* Data for this task:

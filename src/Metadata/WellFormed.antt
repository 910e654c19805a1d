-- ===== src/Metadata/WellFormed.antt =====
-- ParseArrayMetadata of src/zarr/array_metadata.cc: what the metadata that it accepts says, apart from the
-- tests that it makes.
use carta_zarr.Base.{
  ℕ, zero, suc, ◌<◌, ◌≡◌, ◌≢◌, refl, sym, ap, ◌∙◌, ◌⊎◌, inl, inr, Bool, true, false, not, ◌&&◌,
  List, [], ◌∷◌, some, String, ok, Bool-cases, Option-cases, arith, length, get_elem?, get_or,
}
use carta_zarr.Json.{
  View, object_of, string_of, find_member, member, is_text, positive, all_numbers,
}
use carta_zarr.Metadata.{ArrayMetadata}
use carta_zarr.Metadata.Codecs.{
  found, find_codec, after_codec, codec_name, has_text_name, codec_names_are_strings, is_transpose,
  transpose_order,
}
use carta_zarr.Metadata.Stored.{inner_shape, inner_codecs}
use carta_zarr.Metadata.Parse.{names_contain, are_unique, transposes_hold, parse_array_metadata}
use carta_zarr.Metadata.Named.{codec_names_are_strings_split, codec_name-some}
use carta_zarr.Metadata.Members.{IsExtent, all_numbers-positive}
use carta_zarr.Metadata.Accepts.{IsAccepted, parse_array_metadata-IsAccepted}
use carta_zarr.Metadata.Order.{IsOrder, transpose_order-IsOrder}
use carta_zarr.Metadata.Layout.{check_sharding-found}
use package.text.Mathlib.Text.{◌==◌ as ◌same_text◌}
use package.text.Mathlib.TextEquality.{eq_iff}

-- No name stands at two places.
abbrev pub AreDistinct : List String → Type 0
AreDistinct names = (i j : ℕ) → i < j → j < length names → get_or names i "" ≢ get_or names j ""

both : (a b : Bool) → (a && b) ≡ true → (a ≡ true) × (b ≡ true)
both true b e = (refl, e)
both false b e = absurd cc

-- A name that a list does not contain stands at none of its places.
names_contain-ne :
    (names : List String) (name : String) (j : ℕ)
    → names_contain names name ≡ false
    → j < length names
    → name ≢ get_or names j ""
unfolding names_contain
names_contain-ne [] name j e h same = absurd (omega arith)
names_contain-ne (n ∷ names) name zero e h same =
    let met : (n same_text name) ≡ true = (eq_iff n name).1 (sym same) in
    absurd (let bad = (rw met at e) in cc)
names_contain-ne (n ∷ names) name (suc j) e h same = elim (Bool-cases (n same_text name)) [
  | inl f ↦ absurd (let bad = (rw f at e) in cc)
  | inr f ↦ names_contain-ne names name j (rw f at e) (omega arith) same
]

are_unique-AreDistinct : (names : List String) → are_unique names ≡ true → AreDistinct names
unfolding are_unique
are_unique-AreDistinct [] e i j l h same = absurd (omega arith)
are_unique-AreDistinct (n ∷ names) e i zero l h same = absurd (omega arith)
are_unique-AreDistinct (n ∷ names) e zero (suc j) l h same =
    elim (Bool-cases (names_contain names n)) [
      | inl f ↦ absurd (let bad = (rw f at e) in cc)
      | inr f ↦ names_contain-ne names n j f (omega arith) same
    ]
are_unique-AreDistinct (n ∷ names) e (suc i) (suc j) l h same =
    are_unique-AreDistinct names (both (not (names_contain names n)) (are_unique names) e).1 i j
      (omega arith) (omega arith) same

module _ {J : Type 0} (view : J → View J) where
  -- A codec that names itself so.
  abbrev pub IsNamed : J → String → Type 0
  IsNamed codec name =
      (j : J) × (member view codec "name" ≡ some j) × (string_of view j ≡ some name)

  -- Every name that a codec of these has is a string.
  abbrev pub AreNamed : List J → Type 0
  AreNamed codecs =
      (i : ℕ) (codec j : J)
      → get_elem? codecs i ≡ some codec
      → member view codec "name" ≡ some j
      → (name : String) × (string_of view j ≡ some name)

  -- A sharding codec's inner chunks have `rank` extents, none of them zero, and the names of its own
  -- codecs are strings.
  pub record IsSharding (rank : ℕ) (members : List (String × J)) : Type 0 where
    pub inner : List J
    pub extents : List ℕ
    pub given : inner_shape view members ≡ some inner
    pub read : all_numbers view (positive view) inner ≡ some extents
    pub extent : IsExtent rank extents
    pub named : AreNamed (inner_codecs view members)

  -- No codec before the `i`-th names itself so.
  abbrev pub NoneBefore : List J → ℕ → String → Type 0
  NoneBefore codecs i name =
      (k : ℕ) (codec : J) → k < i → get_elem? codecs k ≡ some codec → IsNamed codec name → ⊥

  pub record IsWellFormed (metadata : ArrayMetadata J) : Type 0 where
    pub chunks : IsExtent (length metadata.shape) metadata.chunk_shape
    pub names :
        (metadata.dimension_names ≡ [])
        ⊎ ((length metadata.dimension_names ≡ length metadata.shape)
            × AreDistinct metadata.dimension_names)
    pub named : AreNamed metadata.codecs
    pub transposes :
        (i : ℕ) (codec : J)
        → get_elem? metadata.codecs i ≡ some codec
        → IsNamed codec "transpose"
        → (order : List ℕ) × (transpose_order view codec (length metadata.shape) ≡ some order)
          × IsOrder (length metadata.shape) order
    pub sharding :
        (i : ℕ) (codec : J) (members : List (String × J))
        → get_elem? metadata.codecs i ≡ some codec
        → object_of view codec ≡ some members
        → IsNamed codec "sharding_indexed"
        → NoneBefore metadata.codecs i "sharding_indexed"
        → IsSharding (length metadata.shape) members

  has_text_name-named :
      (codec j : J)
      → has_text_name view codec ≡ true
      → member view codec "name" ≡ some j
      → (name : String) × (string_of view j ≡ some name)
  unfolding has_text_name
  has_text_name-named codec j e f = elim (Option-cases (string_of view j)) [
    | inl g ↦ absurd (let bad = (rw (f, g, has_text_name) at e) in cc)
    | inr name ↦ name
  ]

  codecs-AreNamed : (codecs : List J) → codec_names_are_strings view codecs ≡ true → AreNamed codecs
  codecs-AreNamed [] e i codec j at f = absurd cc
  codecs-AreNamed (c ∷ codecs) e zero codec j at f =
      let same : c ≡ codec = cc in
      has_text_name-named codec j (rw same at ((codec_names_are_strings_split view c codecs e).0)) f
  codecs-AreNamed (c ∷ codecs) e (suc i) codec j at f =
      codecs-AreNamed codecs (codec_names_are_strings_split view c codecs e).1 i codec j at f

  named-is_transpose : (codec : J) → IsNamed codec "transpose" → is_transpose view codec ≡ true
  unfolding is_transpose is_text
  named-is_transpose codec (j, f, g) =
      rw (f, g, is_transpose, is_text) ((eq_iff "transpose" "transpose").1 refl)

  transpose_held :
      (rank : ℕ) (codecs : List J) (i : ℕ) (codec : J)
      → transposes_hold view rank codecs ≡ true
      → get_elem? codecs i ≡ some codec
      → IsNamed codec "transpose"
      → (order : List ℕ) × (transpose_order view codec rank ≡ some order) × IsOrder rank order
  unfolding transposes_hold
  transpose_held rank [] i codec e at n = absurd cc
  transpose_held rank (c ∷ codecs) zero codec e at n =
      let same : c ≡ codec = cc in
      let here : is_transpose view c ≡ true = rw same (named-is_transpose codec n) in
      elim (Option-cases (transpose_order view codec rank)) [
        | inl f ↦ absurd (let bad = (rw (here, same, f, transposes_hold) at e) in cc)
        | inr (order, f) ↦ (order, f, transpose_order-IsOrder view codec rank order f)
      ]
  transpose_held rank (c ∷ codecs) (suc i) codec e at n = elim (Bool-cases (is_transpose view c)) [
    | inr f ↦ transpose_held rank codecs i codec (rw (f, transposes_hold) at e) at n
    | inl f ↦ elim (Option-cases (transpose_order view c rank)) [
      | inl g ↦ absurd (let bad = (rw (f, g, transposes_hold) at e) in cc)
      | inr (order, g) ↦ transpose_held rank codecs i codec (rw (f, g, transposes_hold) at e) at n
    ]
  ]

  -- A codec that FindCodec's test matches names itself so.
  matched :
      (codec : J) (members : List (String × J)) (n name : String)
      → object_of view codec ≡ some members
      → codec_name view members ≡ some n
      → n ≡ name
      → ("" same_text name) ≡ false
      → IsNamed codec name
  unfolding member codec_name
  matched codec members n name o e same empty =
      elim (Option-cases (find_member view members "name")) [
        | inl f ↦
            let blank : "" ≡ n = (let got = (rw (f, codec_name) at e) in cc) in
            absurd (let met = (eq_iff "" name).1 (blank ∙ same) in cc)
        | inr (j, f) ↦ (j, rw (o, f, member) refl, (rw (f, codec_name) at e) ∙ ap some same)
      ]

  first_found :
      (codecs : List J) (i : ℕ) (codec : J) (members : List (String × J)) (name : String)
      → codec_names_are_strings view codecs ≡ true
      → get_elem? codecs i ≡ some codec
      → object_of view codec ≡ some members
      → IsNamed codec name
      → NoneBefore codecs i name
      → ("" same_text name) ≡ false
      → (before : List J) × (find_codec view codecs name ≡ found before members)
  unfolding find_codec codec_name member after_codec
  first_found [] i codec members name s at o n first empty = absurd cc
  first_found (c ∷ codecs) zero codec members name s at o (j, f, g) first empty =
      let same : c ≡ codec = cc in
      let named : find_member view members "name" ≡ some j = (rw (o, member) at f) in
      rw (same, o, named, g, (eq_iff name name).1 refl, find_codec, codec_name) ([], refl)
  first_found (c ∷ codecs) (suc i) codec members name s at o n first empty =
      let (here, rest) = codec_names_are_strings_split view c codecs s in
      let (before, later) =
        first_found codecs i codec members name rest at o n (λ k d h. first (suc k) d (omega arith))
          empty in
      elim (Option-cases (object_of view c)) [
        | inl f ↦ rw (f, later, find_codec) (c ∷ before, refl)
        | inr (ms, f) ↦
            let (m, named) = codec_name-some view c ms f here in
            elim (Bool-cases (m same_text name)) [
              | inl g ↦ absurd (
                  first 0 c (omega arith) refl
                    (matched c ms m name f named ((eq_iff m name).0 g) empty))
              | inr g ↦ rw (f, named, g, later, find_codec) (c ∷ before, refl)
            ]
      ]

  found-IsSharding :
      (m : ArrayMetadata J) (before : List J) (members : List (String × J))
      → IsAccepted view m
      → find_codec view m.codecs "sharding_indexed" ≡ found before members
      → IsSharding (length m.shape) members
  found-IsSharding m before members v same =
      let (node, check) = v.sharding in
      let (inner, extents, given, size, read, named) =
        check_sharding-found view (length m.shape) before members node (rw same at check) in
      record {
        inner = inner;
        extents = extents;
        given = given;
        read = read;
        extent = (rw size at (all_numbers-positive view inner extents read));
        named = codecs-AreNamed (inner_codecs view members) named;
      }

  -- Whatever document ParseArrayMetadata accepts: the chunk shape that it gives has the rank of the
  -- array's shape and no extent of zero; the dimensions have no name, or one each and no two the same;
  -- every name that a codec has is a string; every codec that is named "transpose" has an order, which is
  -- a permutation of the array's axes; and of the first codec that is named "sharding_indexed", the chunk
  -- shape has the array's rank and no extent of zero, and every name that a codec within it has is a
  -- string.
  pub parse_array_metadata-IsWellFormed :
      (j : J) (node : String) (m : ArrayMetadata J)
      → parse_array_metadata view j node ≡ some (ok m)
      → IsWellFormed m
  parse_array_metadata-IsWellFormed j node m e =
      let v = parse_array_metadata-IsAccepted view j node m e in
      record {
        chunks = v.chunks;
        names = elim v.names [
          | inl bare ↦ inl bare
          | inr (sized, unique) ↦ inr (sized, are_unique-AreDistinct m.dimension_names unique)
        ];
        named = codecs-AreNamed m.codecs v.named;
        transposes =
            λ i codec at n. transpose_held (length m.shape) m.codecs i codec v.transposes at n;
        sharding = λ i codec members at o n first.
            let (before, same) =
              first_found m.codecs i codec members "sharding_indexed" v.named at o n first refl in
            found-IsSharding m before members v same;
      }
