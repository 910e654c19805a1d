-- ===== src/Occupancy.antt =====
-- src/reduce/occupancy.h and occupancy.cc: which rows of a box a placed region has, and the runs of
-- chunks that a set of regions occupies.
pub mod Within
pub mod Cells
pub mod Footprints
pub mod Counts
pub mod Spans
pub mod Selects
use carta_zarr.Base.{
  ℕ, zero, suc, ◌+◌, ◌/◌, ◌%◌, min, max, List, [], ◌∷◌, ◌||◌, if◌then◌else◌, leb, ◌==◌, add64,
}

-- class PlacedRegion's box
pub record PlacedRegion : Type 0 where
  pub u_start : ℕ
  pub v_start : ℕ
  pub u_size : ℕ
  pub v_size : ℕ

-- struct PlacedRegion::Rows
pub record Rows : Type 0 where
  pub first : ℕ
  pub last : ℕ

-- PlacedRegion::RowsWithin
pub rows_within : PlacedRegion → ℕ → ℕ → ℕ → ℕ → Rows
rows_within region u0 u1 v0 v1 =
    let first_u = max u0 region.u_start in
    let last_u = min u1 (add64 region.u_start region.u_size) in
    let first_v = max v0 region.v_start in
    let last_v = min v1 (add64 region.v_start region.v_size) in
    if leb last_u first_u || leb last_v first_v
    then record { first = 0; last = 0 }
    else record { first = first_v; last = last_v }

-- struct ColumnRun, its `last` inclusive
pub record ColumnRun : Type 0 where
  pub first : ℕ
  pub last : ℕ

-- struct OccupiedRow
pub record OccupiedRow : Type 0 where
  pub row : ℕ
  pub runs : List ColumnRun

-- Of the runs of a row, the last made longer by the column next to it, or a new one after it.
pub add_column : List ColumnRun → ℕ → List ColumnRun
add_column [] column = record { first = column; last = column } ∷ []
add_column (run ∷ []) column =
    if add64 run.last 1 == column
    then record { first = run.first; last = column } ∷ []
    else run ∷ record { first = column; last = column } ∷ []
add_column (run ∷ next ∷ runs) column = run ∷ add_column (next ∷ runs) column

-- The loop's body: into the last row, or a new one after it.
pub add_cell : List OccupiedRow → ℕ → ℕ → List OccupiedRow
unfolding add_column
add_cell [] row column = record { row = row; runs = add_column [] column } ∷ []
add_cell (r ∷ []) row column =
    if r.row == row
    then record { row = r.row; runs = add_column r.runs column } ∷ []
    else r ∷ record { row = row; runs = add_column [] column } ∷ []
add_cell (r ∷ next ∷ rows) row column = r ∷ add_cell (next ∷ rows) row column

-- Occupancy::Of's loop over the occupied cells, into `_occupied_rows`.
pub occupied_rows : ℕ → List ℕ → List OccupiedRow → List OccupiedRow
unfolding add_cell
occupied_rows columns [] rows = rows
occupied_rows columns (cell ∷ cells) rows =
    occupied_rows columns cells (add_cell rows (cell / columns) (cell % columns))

* Problem requirements:
Give back, unchanged, the run of lines in the listing above that begins at the line containing "bare ↦ inl bare" and ends at the line containing "pub record ColumnRun : Type 0 where", both included.

* Written answer:
          | inl bare ↦ inl bare
          | inr (sized, unique) ↦ inr (sized, are_unique-AreDistinct m.dimension_names unique)
        ];
        named = codecs-AreNamed m.codecs v.named;
        transposes =
            λ i codec at n. transpose_held (length m.shape) m.codecs i codec v.transposes at n;
        sharding = λ i codec members at o n first.
            let (before, same) =
              first_found m.codecs i codec members "sharding_indexed" v.named at o n first refl in
            found-IsSharding m before members v same;
      }
repository 910e654c19805a1d
-- ===== src/Occupancy.antt =====
-- src/reduce/occupancy.h and occupancy.cc: which rows of a box a placed region has, and the runs of
-- chunks that a set of regions occupies.
pub mod Within
pub mod Cells
pub mod Footprints
pub mod Counts
pub mod Spans
pub mod Selects
use carta_zarr.Base.{
  ℕ, zero, suc, ◌+◌, ◌/◌, ◌%◌, min, max, List, [], ◌∷◌, ◌||◌, if◌then◌else◌, leb, ◌==◌, add64,
}

-- class PlacedRegion's box
pub record PlacedRegion : Type 0 where
  pub u_start : ℕ
  pub v_start : ℕ
  pub u_size : ℕ
  pub v_size : ℕ

-- struct PlacedRegion::Rows
pub record Rows : Type 0 where
  pub first : ℕ
  pub last : ℕ

-- PlacedRegion::RowsWithin
pub rows_within : PlacedRegion → ℕ → ℕ → ℕ → ℕ → Rows
rows_within region u0 u1 v0 v1 =
    let first_u = max u0 region.u_start in
    let last_u = min u1 (add64 region.u_start region.u_size) in
    let first_v = max v0 region.v_start in
    let last_v = min v1 (add64 region.v_start region.v_size) in
    if leb last_u first_u || leb last_v first_v
    then record { first = 0; last = 0 }
    else record { first = first_v; last = last_v }

-- struct ColumnRun, its `last` inclusive
pub record ColumnRun : Type 0 where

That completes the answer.